A device for heart valve repair including at least one tension member having a first end and second end. A basal anchor is disposed at the first end of the tension member and a secondary anchor at the second end. The method includes the steps of anchoring the basal anchor proximate a heart valve and anchoring the secondary anchor at a location spaced from the valve such that the chamber geometry is altered to reduce heart wall tension and/or stress on the valve leaflets.

BACKGROUND OF THE INVENTION
 The present invention pertains generally to the field of heart valve
 repair. More specifically, the present invention pertains to a device and
 method for the reduction of myocardial wall tension and the repair of
 mitral valve insufficiency.
 Dilated cardiomyopathy is often accompanied by mitral valve insufficiency.
 There are several reasons for the presence of mitral valve insufficiency
 associated with a dilated heart. First, chamber dilation and associated
 high wall stresses increase the diameter of the mitral valve annulus.
 Additionally, as the heart dilates, the positioning of the papillary
 muscles is altered. Papillary muscles and chordae in a dilated heart will
 have moved both radially away and down from the mitral valve. This
 rearrangement of the vascular apparatus and enlargement of the annulus
 prevent the valve from closing properly.
 Currently mitral valve insufficiency is treated by either repairing or
 replacing the valve. Surgical procedures used to repair the valve
 including ring posterior annuloplasty which consists of sewing a C or
 D-shaped ring around the posterior leaflet of the mitral valve and drawing
 in the annulus, reducing its previously enlarged diameter. Another method
 is to approximate the anterior and posterior mitral leaflets (Alfieri
 repair) by placing one suture through the center of both leaflets. This
 gives the valve a figure 8-shaped appearance when the valve is opened.

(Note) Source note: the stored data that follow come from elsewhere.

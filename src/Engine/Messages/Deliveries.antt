-- ===== src/Engine/Messages/Deliveries.antt =====
-- What a delivery of a message finds, and what it leaves to a delivery beside it.
use mathlib.Core.List.{Memᴰ}
use bpm_new.Common.{ℕ, ◌≤◌, Bool, true, false, ◌≡◌, Option, none, some, List, Str, ◌==◌, All}
use bpm_new.Engine.Messages.Defs.{Subscription, is_match}

abbrev Holds : (Subscription → Type 0) → Option Subscription → Type 0
Holds P none = Unit
Holds P (some s) = P s

abbrev IsOldest : List Subscription → Subscription → Type 0
IsOldest subs s = All (λ t. s.created_at ≤ t.created_at) subs

module _ (tenant : ℕ) (name key : Str) (subs : List Subscription) where
  -- Nothing is found where no row matches; a row that is found is one of the table, matches, and is
  -- no younger than any other row that does.
  abbrev pub IsFound : (ℕ → Bool) → Option Subscription → Type 0
  IsFound locked none = All (λ t. is_match locked tenant name key t ≡ false) subs
  IsFound locked (some s) =
      Memᴰ s subs
      × (is_match locked tenant name key s ≡ true)
      × All (λ t. is_match locked tenant name key t ≡ true → s.created_at ≤ t.created_at) subs

  -- The row that a delivery has found is locked until its transaction ends.
  abbrev pub locked_by : Option Subscription → ℕ → Bool
  locked_by none i = false
  locked_by (some s) i = i == s.id

  -- A row found beside another is another, and no older; none is found beside nothing.
  abbrev pub Follows : Option Subscription → Option Subscription → Type 0
  Follows o none = Unit
  Follows none (some t) = ⊥
  Follows (some s) (some t) = ((t.id == s.id) ≡ false) × (s.created_at ≤ t.created_at)
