-- ===== src/Engine/Outbox.antt =====
-- The dispatch of events to webhooks: api/src/engine/outbox.service.ts.
pub mod Defs
pub mod Dispatch
pub mod Wanted
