-- ===== src/Engine/Worker/Defs.antt =====
-- The rows of ENGINE_JOBS, the operations of WorkerService on one row, and its registry.
use bpm_new.Common.{
  ℕ, zero, suc, ◌+◌, ◌-◌, min, Bool, true, false, ◌&&◌, Option, none, some, List, [], ◌∷◌, Str,
  str_eq, leb, if◌then◌else◌, length, take, is_some,
}

pub data JobStatus : Type 0 where
  queued running completed failed dead : JobStatus

pub record Job (V : Type 0) : Type 0 where
  pub id : ℕ
  pub tenant_id : ℕ
  pub instance_id : Option ℕ
  pub token_id : Option ℕ
  pub job_type : Str
  pub topic : Str
  pub status : JobStatus
  pub input : Option V
  pub result : Option V
  pub attempts : ℕ
  pub max_attempts : ℕ
  pub scheduled_for : ℕ
  pub created_at : ℕ
  pub locked_at : Option ℕ
  pub locked_by : Option Str
  pub last_error : Option Str

abbrev pub is_queued : JobStatus → Bool
is_queued queued = true
is_queued _ = false

abbrev pub is_running : JobStatus → Bool
is_running running = true
is_running _ = false

abbrev pub is_dead : JobStatus → Bool
is_dead dead = true
is_dead _ = false

-- BACKOFF_MS
abbrev pub backoff_ms : List ℕ
backoff_ms = 5000 ∷ 30000 ∷ 120000 ∷ 300000 ∷ 1800000 ∷ []

abbrev pub batch_size : ℕ
batch_size = 5

abbrev get_or : List ℕ → ℕ → ℕ
get_or [] i = 0
get_or (x ∷ xs) zero = x
get_or (x ∷ xs) (suc i) = get_or xs i

-- `BACKOFF_MS[Math.min(job.attempts - 1, BACKOFF_MS.length - 1)]`. It is read for a claimed row
-- only, whose `attempts` is at least 1, so the subtraction is exact.
unfoldable pub backoff_delay : ℕ → ℕ
backoff_delay attempts = get_or backoff_ms (min (attempts - 1) (length backoff_ms - 1))

-- `Math.min(job.maxAttempts, BACKOFF_MS.length)`: the attempt after which a failure is final.
unfoldable pub attempt_cap : ℕ → ℕ
attempt_cap max_attempts = min max_attempts (length backoff_ms)

-- `error.slice(0, 2000)`
pub stored_error : Str → Str
stored_error = take 2000

-- SQL's comparison with NULL does not hold.
abbrev pub locked_before : ℕ → Option ℕ → Bool
locked_before cutoff none = false
locked_before cutoff (some t) = leb t cutoff

module _ {V : Type 0} where
  -- The SET clause of the claiming query.
  unfoldable pub start : ℕ → Str → Job V → Job V
  start now worker j = record j {
    status = running;
    locked_at = some now;
    locked_by = some worker;
    attempts = j.attempts + 1;
  }

  unfoldable pub mark_completed : V → Job V → Job V
  mark_completed v j = record j { status = completed; result = some v; last_error = none }

  unfoldable pub mark_retry : Str → ℕ → Job V → Job V
  mark_retry error when j = record j {
    status = queued;
    scheduled_for = when;
    last_error = some (stored_error error);
    locked_at = none;
    locked_by = none;
  }

  unfoldable pub mark_dead : Str → Job V → Job V
  mark_dead error j = record j { status = dead; last_error = some (stored_error error) }

  -- The SET clauses of `retryDead` and of `reclaimStaleJobs`.
  unfoldable pub requeue : ℕ → Job V → Job V
  requeue now j = record j {
    status = queued;
    attempts = 0;
    scheduled_for = now;
    locked_at = none;
    locked_by = none;
    last_error = none;
  }

  unfoldable pub release : ℕ → Job V → Job V
  release now j = record j {
    status = queued;
    locked_at = none;
    locked_by = none;
    scheduled_for = now;
  }

  -- The WHERE clause of `reclaimStaleJobs`.
  unfoldable pub is_stale : ℕ → Job V → Bool
  is_stale cutoff j = is_running j.status && locked_before cutoff j.locked_at

-- What a handler comes to: it returns a result, or throws an error with a message.
pub data Outcome (V : Type 0) : Type 0 where
  returned : V → Outcome V
  threw : Str → Outcome V

-- A handler gets the job, and the table as it finds it. It gives what it comes to and the table as it is
-- then: handlers add and cancel jobs, and so may others while one runs.
abbrev pub Handler : Type 0 → Type 0
Handler V = Job V → List (Job V) → Outcome V × List (Job V)

-- The registry of the service: a handler by topic, and the topics whose hooks are set. The hooks are
-- code of the topic's owner; a hook that throws is logged and changes nothing here.
pub record Registry (V : Type 0) : Type 0 where
  pub handlers : List (Str × Handler V)
  pub on_dead : List Str
  pub on_attempt_failed : List Str

-- `Map.get` and `Map.has`
abbrev pub lookup {ℓ} : {A : Type ℓ} → Str → List (Str × A) → Option A
lookup k [] = none
lookup k ((j, a) ∷ m) = if str_eq j k then some a else lookup k m

abbrev pub includes : Str → List Str → Bool
includes k [] = false
includes k (j ∷ m) = if str_eq j k then true else includes k m

module _ {V : Type 0} where
  -- `registerHandler`: the first registration of a topic wins, hooks included.
  unfoldable pub register_handler : Str → Handler V → Bool → Bool → Registry V → Registry V
  register_handler topic handler has_on_dead has_on_attempt_failed r =
      if is_some (lookup topic r.handlers) then r else record {
        handlers = (topic, handler) ∷ r.handlers;
        on_dead = if has_on_dead then topic ∷ r.on_dead else r.on_dead;
        on_attempt_failed =
            if has_on_attempt_failed then topic ∷ r.on_attempt_failed else r.on_attempt_failed;
      }
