-- ===== src/Engine/Worker/Queue.antt =====
-- The operations of WorkerService on the table.
use bpm_new.Common.{
  ℕ, ◌+◌, ◌-◌, Bool, false, ◌&&◌, ◌||◌, not, Option, none, some, List, [], ◌∷◌, ◌++◌, map, Str,
  codes, ◌==◌, ltb, leb, if◌then◌else◌, length, take, keep, any,
}
use bpm_new.Engine.Worker.Defs.{
  queued, Job, is_queued, is_dead, batch_size, backoff_delay, attempt_cap, start, mark_completed,
  mark_retry, mark_dead, requeue, release, is_stale, Outcome, returned, threw, Registry, lookup,
  includes, Handler,
}

-- A call of a hook that the topic's owner registered.
pub data HookCall : Type 0 where
  on_dead : ℕ → Str → HookCall
  on_attempt_failed : ℕ → Str → Bool → Option ℕ → HookCall

-- NOT EXISTS (… "STATUS" = 'suspended')
abbrev pub is_held : (ℕ → Bool) → Option ℕ → Bool
is_held suspended none = false
is_held suspended (some i) = suspended i

abbrev or_else : Option ℕ → ℕ → ℕ
or_else none d = d
or_else (some n) d = n

-- The error for a topic with no handler.
no_handler : Str → Str
no_handler topic =
    codes "No worker handler registered for topic " ++ b'"' ∷ topic ++ b'"' ∷ b'.' ∷ []

module _ {V : Type 0} where
  -- UPDATE … WHERE: every row of which the test holds.
  abbrev pub update_where : (Job V → Bool) → (Job V → Job V) → List (Job V) → List (Job V)
  update_where p f [] = []
  update_where p f (j ∷ js) = (if p j then f j else j) ∷ update_where p f js

  abbrev pub has_id : ℕ → Job V → Bool
  has_id k j = j.id == k

  -- The WHERE clause of the claiming query. `locked` are the rows that other transactions hold,
  -- which SKIP LOCKED passes over; `suspended` are the suspended process instances.
  unfoldable pub is_claimable : (ℕ → Bool) → (ℕ → Bool) → ℕ → Job V → Bool
  is_claimable locked suspended now j =
      is_queued j.status
      && leb j.scheduled_for now
      && not (is_held suspended j.instance_id)
      && not (locked j.id)

  -- ORDER BY "SCHEDULED_FOR" ASC, "CREATED_AT" ASC
  unfoldable pub comes_before : Job V → Job V → Bool
  comes_before a b =
      ltb a.scheduled_for b.scheduled_for
      || a.scheduled_for == b.scheduled_for && leb a.created_at b.created_at

  unfoldable pub insert_ordered : Job V → List (Job V) → List (Job V)
  insert_ordered a [] = a ∷ []
  insert_ordered a (b ∷ l) = if comes_before a b then a ∷ b ∷ l else b ∷ insert_ordered a l

  unfoldable pub order_by : List (Job V) → List (Job V)
  unfolding insert_ordered
  order_by [] = []
  order_by (a ∷ l) = insert_ordered a (order_by l)

  -- The CTE `claimed`.
  unfoldable pub pick : (ℕ → Bool) → (ℕ → Bool) → ℕ → ℕ → List (Job V) → List (Job V)
  pick locked suspended now batch jobs =
      take batch (order_by (keep (is_claimable locked suspended now) jobs))

  abbrev pub is_among : List (Job V) → Job V → Bool
  is_among picked j = any (λ p. p.id == j.id) picked

  -- `claim`: the new table, and the rows as RETURNING gives them. SQL leaves their order open; here
  -- it is that of the CTE.
  unfoldable pub claim :
      (ℕ → Bool) → (ℕ → Bool) → Str → ℕ → ℕ → List (Job V) → List (Job V) × List (Job V)
  claim locked suspended worker now batch jobs =
      let picked = pick locked suspended now batch jobs in
      (update_where (is_among picked) (start now worker) jobs, map (start now worker) picked)

  -- `enqueue`: the row that is inserted. `max_attempts` and `scheduled_for` have defaults.
  unfoldable pub new_job :
      ℕ → ℕ → ℕ → Str → Str → Option ℕ → Option ℕ → Option V → Option ℕ → Option ℕ → Job V
  new_job id now tenant job_type topic instance_id token_id input max_attempts scheduled_for =
      record {
        id = id;
        tenant_id = tenant;
        instance_id = instance_id;
        token_id = token_id;
        job_type = job_type;
        topic = topic;
        status = queued;
        input = input;
        result = none;
        attempts = 0;
        max_attempts = or_else max_attempts 3;
        scheduled_for = or_else scheduled_for now;
        created_at = now;
        locked_at = none;
        locked_by = none;
        last_error = none;
      }

  unfoldable pub enqueue : Job V → List (Job V) → List (Job V)
  enqueue j jobs = jobs ++ j ∷ []

  -- The `catch` block of `runOne`, at the time `now`.
  unfoldable pub settle_failure :
      Registry V → ℕ → Job V → Str → List (Job V) → List (Job V) × List HookCall
  settle_failure r now job message jobs =
      let final = leb (attempt_cap job.max_attempts) job.attempts in
      let next_attempt_at = now + backoff_delay job.attempts in
      (
        update_where (has_id job.id)
            (if final then mark_dead message else mark_retry message next_attempt_at) jobs,
        (if final && includes job.topic r.on_dead then on_dead job.id message ∷ [] else [])
            ++ (if includes job.topic r.on_attempt_failed
                then on_attempt_failed job.id message (not final)
                    (if final then none else some next_attempt_at)
                  ∷ []
                else []),
      )

  abbrev pub settle :
      Registry V → ℕ → Job V → Outcome V → List (Job V) → List (Job V) × List HookCall
  settle r now job (returned v) jobs = (update_where (has_id job.id) (mark_completed v) jobs, [])
  settle r now job (threw message) jobs = settle_failure r now job message jobs

  unfoldable pub run_with :
      Registry V → ℕ → Job V → Option (Handler V) → List (Job V) → List (Job V) × List HookCall
  unfolding no_handler
  run_with r now job none jobs =
      (update_where (has_id job.id) (mark_dead (no_handler job.topic)) jobs, [])
  run_with r now job (some handler) jobs =
      settle r now job (handler job jobs).0 (handler job jobs).1

  unfoldable pub run_one : Registry V → ℕ → Job V → List (Job V) → List (Job V) × List HookCall
  unfolding run_with
  run_one r now job jobs = run_with r now job (lookup job.topic r.handlers) jobs

  -- The loop of `tick`; `ends` gives the time at which the run of a job is over.
  unfoldable pub run_all :
      Registry V → (Job V → ℕ) → List (Job V) → List (Job V) → List (Job V) × List HookCall
  run_all r ends [] jobs = (jobs, [])
  run_all r ends (job ∷ rest) jobs =
      let (jobs', calls) = run_one r (ends job) job jobs in
      let (jobs'', more) = run_all r ends rest jobs' in (jobs'', calls ++ more)

  unfoldable pub tick :
      Registry V
      → (ℕ → Bool)
      → (ℕ → Bool)
      → Str
      → ℕ
      → (Job V → ℕ)
      → List (Job V)
      → List (Job V) × List HookCall
  tick r locked suspended worker now ends jobs =
      let (jobs', claimed) = claim locked suspended worker now batch_size jobs in
      run_all r ends claimed jobs'

  -- `retryDead`
  abbrev pub is_retryable : ℕ → ℕ → Job V → Bool
  is_retryable job tenant j = j.id == job && j.tenant_id == tenant && is_dead j.status

  unfoldable pub retry_dead : ℕ → ℕ → ℕ → List (Job V) → List (Job V) × Bool
  retry_dead now job tenant jobs = (
    update_where (is_retryable job tenant) (requeue now) jobs,
    any (is_retryable job tenant) jobs,
  )

  -- `reclaimStaleJobs`
  unfoldable pub reclaim_stale_jobs : ℕ → ℕ → List (Job V) → List (Job V) × ℕ
  reclaim_stale_jobs now max_running_age jobs =
      let cutoff = now - max_running_age in
      (update_where (is_stale cutoff) (release now) jobs, length (keep (is_stale cutoff) jobs))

 When the mitral valve is replaced, the original leaflets are removed and
 the chordae are cut. An artificial valve consists of mechanical or tissue
 leaflets suspended on struts attached to a metal stent, and is sutured
 into place on the mitral annulus.
 It has been argued that valve repair is preferable to valve replacement if
 the leaflet-chordae-papillary connections can be maintained. Heart wall
 stress will increase if the chordae are cut during valve replacement. It
 has been shown that by severing the chordae there can be 30 percent (30%)
 reduction in chamber function. Mitral valve replacement has high mortality
 in very sick, chronic heart failure patients.
 SUMMARY OF THE INVENTION
 The present invention pertains to a device and method for mitral valve
 repair. The mitral valve is generally defined as its leaflets or cusps,
 but in reality, it actually consists of the entire left ventricle chamber.
 By creating an improved chamber geometry, both chamber and valve function
 will be improved. The device of the present invention and method for valve
 repair/replacement can include treatment for chronic heart failure by
 reducing left ventricular wall tension.
 In one embodiment of the present invention, the valve repair device
 includes an elongate tension member having a first end and second end. The
 basal anchor is disposed at the first end and the secondary anchor is
 disposed at the second end.
 The basal anchor could include a pad and annuloplasty ring or the like.
 Alternately an artificial heart valve could serve as the basal anchor.
 Tension members can be substantially rigid or substantially flexible. The
 secondary anchor can include a hook-shaped papillary muscle tissue loop,
 screw-shaped tissue anchor or transmural anchor pad.
 The method of the present invention providing a tension member having a
 first end and a second end. The tension member has a basal anchor at the
 first end and a secondary anchor at the second end. The basal anchor is
 anchored proximate to the valve such that the tension member is disposed
 in the chamber. The secondary anchor is anchored to a portion of the heart
 spaced from the basal anchor such that the tension member is under tension
 and the geometry of the chamber has been altered by placement of the
 tension member.
 The basal anchor can include an artificial heart valve, annuloplasty ring
 or the like. The secondary anchor can be anchored to a papillary muscle or
 transmurally anchored.
 More than one tension member can be used. Additionally, a transverse
 tension member can be placed across the chamber generally perpendicular to
 the other tension members to further alter the geometry of the heart,
 reducing wall stress and improving chamber performance.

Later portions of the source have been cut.